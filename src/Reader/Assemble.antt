-- ===== src/Reader/Assemble.antt =====
-- packet_reader.rs: `packet` on a whole logical packet, of one frame or of many.
use opensrv.Common.{
  ℕ, zero, suc, ◌+◌, ◌^◌, ◌≤◌, ◌<◌, ◌≡◌, refl, ap, ◌∙◌, List, [], ◌∷◌, ◌++◌, Bytes, length,
  length-append, drop-length-append, flatten, All, append_assoc, arith, Option, none, some, false,
  ltb, ◌==◌, if◌then◌else◌, lt→ltb, le→ltb, lt→leb, ==_refl, ==→eq, Bool-cases, inl, inr, ok,
}
use opensrv.Deps.Nom.{Nom}
use opensrv.Wire.{u24_max}
use opensrv.Wire.Frame.{frame, next_seq, encode, last_seq, IsFull, IsPacket}
use opensrv.Reader.{
  payload_len, breaks_sequence, probe_loop, onepacket, fullpacket, assemble_loop, packet, first_or,
}
use opensrv.Reader.Frames.{frame_len-u24, drop-header, onepacket-frame, fullpacket-frame}

-- One round of the first loop on a frame.
pub probe_loop_step :
    (fuel seq total : ℕ) (prev : Option ℕ) (payload tail : Bytes)
    → length payload < 2 ^ 24
    → breaks_sequence prev seq ≡ false
    → total + length payload < 2 ^ 64
    → probe_loop (suc fuel) (frame seq payload ++ tail) total prev ≡ (
        if ltb (length payload) u24_max
        then ok tt
        else probe_loop fuel tail (total + length payload) (some seq))
unfolding probe_loop
probe_loop_step fuel seq total prev payload tail h b t =
    let enough : 4 + length payload ≤ suc (suc (suc (suc (length (payload ++ tail))))) =
      omega (arith, length-append payload tail) in
    rw (frame_len-u24 (length payload) h, b)
      (rw (le→ltb _ _ enough, lt→leb _ _ t, drop-header)
        (rw (drop-length-append payload tail) refl))

pub next_seq_follows : (seq : ℕ) → breaks_sequence (some seq) (next_seq seq) ≡ false
unfolding breaks_sequence
next_seq_follows seq = rw (==_refl (next_seq seq))

probe_loop-encode :
    (full : List Bytes) (last rest : Bytes) (fuel seq total : ℕ) (prev : Option ℕ)
    → All IsFull full
    → length last < 16_777_215
    → breaks_sequence prev seq ≡ false
    → length full < fuel
    → total + length (flatten full ++ last) < 2 ^ 64
    → probe_loop fuel (encode seq full last ++ rest) total prev ≡ ok tt
probe_loop-encode full last rest zero seq total prev hf hl b hn t = absurd (omega arith)
probe_loop-encode [] last rest (suc fuel) seq total prev hf hl b hn t =
    probe_loop_step fuel seq total prev last rest (omega arith) b t
    ∙ rw (lt→ltb (length last) 16_777_215 hl)
probe_loop-encode (f ∷ full) last rest (suc fuel) seq total prev (h0, hf) hl b hn t =
    ap (λ i. probe_loop (suc fuel) i total prev) (append_assoc (frame seq f) _ rest)
    ∙ probe_loop_step fuel seq total prev f (encode (next_seq seq) full last ++ rest) (omega arith)
        b (omega (arith, sizes))
    ∙ rw (le→ltb (length f) 16_777_215 (omega arith)) (
        probe_loop-encode full last rest fuel (next_seq seq) (total + length f) (some seq) hf hl
          (next_seq_follows seq) (omega arith) (omega (arith, sizes)))
  where
    sizes : length (flatten (f ∷ full) ++ last) ≡ length f + length (flatten full ++ last)
    sizes = ap length (append_assoc f (flatten full) last) ∙ length-append f (flatten full ++ last)

regroup : (a b c d : Bytes) → (a ++ b) ++ (c ++ d) ≡ a ++ ((b ++ c) ++ d)
regroup a b c d = simp append_assoc

pub frames-le-length :
    (full : List Bytes) (last rest : Bytes) (seq : ℕ)
    → length full < suc (length (encode seq full last ++ rest))
frames-le-length [] last rest seq = omega arith
frames-le-length (f ∷ full) last rest seq =
    let tail = encode (next_seq seq) full last in
    omega (
      arith,
      frames-le-length full last rest (next_seq seq),
      length-append (frame seq f ++ tail) rest,
      length-append (frame seq f) tail,
      length-append tail rest,
    )

module _ (nom : Nom) where
  -- The test for the length of a full frame picks a parser that reads the frame.
  one_frame :
      (seq : ℕ) (payload tail : Bytes)
      → length payload ≤ 16_777_215
      → (if length payload == u24_max
          then fullpacket nom (frame seq payload ++ tail)
          else onepacket nom (frame seq payload ++ tail))
        ≡ ok (tail, (seq, payload))
  one_frame seq payload tail h = elim (Bool-cases (length payload == u24_max)) [
    | inl e ↦ rw e (fullpacket-frame nom seq payload tail (==→eq (length payload) u24_max e))
    | inr e ↦ rw e (onepacket-frame nom seq payload tail (omega arith))
  ]

  assemble_loop_step :
      (fuel seq : ℕ) (payload tail acc : Bytes) (prev first : Option ℕ)
      → length payload ≤ 16_777_215
      → breaks_sequence prev seq ≡ false
      → assemble_loop nom (suc fuel) (frame seq payload ++ tail) acc prev first ≡ (
          if ltb (length payload) u24_max
          then ok (tail, (seq, record { bytes = acc ++ payload; first_seq = first_or first seq }))
          else assemble_loop nom fuel tail (acc ++ payload) (some seq) (some (first_or first seq)))
  unfolding assemble_loop payload_len
  assemble_loop_step fuel seq payload tail acc prev first h b =
      rw (frame_len-u24 (length payload) (omega arith), one_frame seq payload tail h) (rw b)

  assemble_loop-encode :
      (full : List Bytes) (last rest acc : Bytes) (fuel seq : ℕ) (prev first : Option ℕ)
      → All IsFull full
      → length last < 16_777_215
      → breaks_sequence prev seq ≡ false
      → length full < fuel
      → assemble_loop nom fuel (encode seq full last ++ rest) acc prev first
        ≡ ok (
          rest,
          (
            last_seq seq full,
            record { bytes = acc ++ (flatten full ++ last); first_seq = first_or first seq },
          ),
        )
  assemble_loop-encode full last rest acc zero seq prev first hf hl b hn = absurd (omega arith)
  assemble_loop-encode [] last rest acc (suc fuel) seq prev first hf hl b hn =
      assemble_loop_step fuel seq last rest acc prev first (omega arith) b
      ∙ rw (lt→ltb (length last) 16_777_215 hl)
  assemble_loop-encode (f ∷ full) last rest acc (suc fuel) seq prev first (h0, hf) hl b hn =
      ap (λ i. assemble_loop nom (suc fuel) i acc prev first) (append_assoc (frame seq f) _ rest)
      ∙ assemble_loop_step fuel seq f (encode (next_seq seq) full last ++ rest) acc prev first
          (omega arith) b
      ∙ rw (le→ltb (length f) 16_777_215 (omega arith)) (
          assemble_loop-encode full last rest (acc ++ f) fuel (next_seq seq) (some seq)
            (some (first_or first seq)) hf hl (next_seq_follows seq) (omega arith))
      ∙ ap
          (λ (b : Bytes).
            ok (
              rest,
              (last_seq seq (f ∷ full), record { bytes = b; first_seq = first_or first seq }),
            ))
          (regroup acc f (flatten full) last)

  -- The packet of many frames goes through both loops, the packet of one through neither.
  packet_many :
      (f : Bytes) (full : List Bytes) (last rest : Bytes) (seq : ℕ)
      → IsPacket (f ∷ full) last
      → length (flatten (f ∷ full) ++ last) < 2 ^ 64
      → packet nom (encode seq (f ∷ full) last ++ rest)
        ≡ ok (
          rest,
          (last_seq seq (f ∷ full), record { bytes = flatten (f ∷ full) ++ last; first_seq = seq }),
        )
  unfolding packet payload_len breaks_sequence
  packet_many f full last rest seq p t =
      let i = encode seq (f ∷ full) last ++ rest in
      let n = frames-le-length (f ∷ full) last rest seq in
      let probed =
        probe_loop-encode (f ∷ full) last rest (suc (length i)) seq 0 none p.full_frames
          p.short_last refl n (omega arith) in
      let assembled =
        assemble_loop-encode (f ∷ full) last rest [] (suc (length i)) seq none none p.full_frames
          p.short_last refl n in
      rw (frame_len-u24 (length f) (omega (arith, p.full_frames.0)))
        (rw (le→ltb (length f) 16_777_215 (omega (arith, p.full_frames.0))) (rw probed assembled))

  packet_one :
      (last rest : Bytes) (seq : ℕ)
      → length last < 16_777_215
      → packet nom (frame seq last ++ rest)
        ≡ ok (rest, (seq, record { bytes = last; first_seq = seq }))
  unfolding packet payload_len
  packet_one last rest seq h = rw (frame_len-u24 (length last) (omega arith)) (
      rw (lt→ltb (length last) 16_777_215 h)
        (rw (onepacket-frame nom seq last rest (omega arith)) refl))

  -- `packet` reads a logical packet of fewer than 2 ^ 64 bytes back from its frames, whatever follows them: the payloads of
  -- the frames joined, with the sequence numbers of the first frame and of the last.
  pub packet-encode :
      (full : List Bytes) (last rest : Bytes) (seq : ℕ)
      → IsPacket full last
      → length (flatten full ++ last) < 2 ^ 64
      → packet nom (encode seq full last ++ rest)
        ≡ ok (rest, (last_seq seq full, record { bytes = flatten full ++ last; first_seq = seq }))
  packet-encode [] last rest seq p t = packet_one last rest seq p.short_last
  packet-encode (f ∷ full) last rest seq p t = packet_many f full last rest seq p t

Task objective:
From the material above, copy each line that includes the word "antt".

Answer below:
filename src/Reader/Assemble.antt
-- ===== src/Reader/Assemble.antt =====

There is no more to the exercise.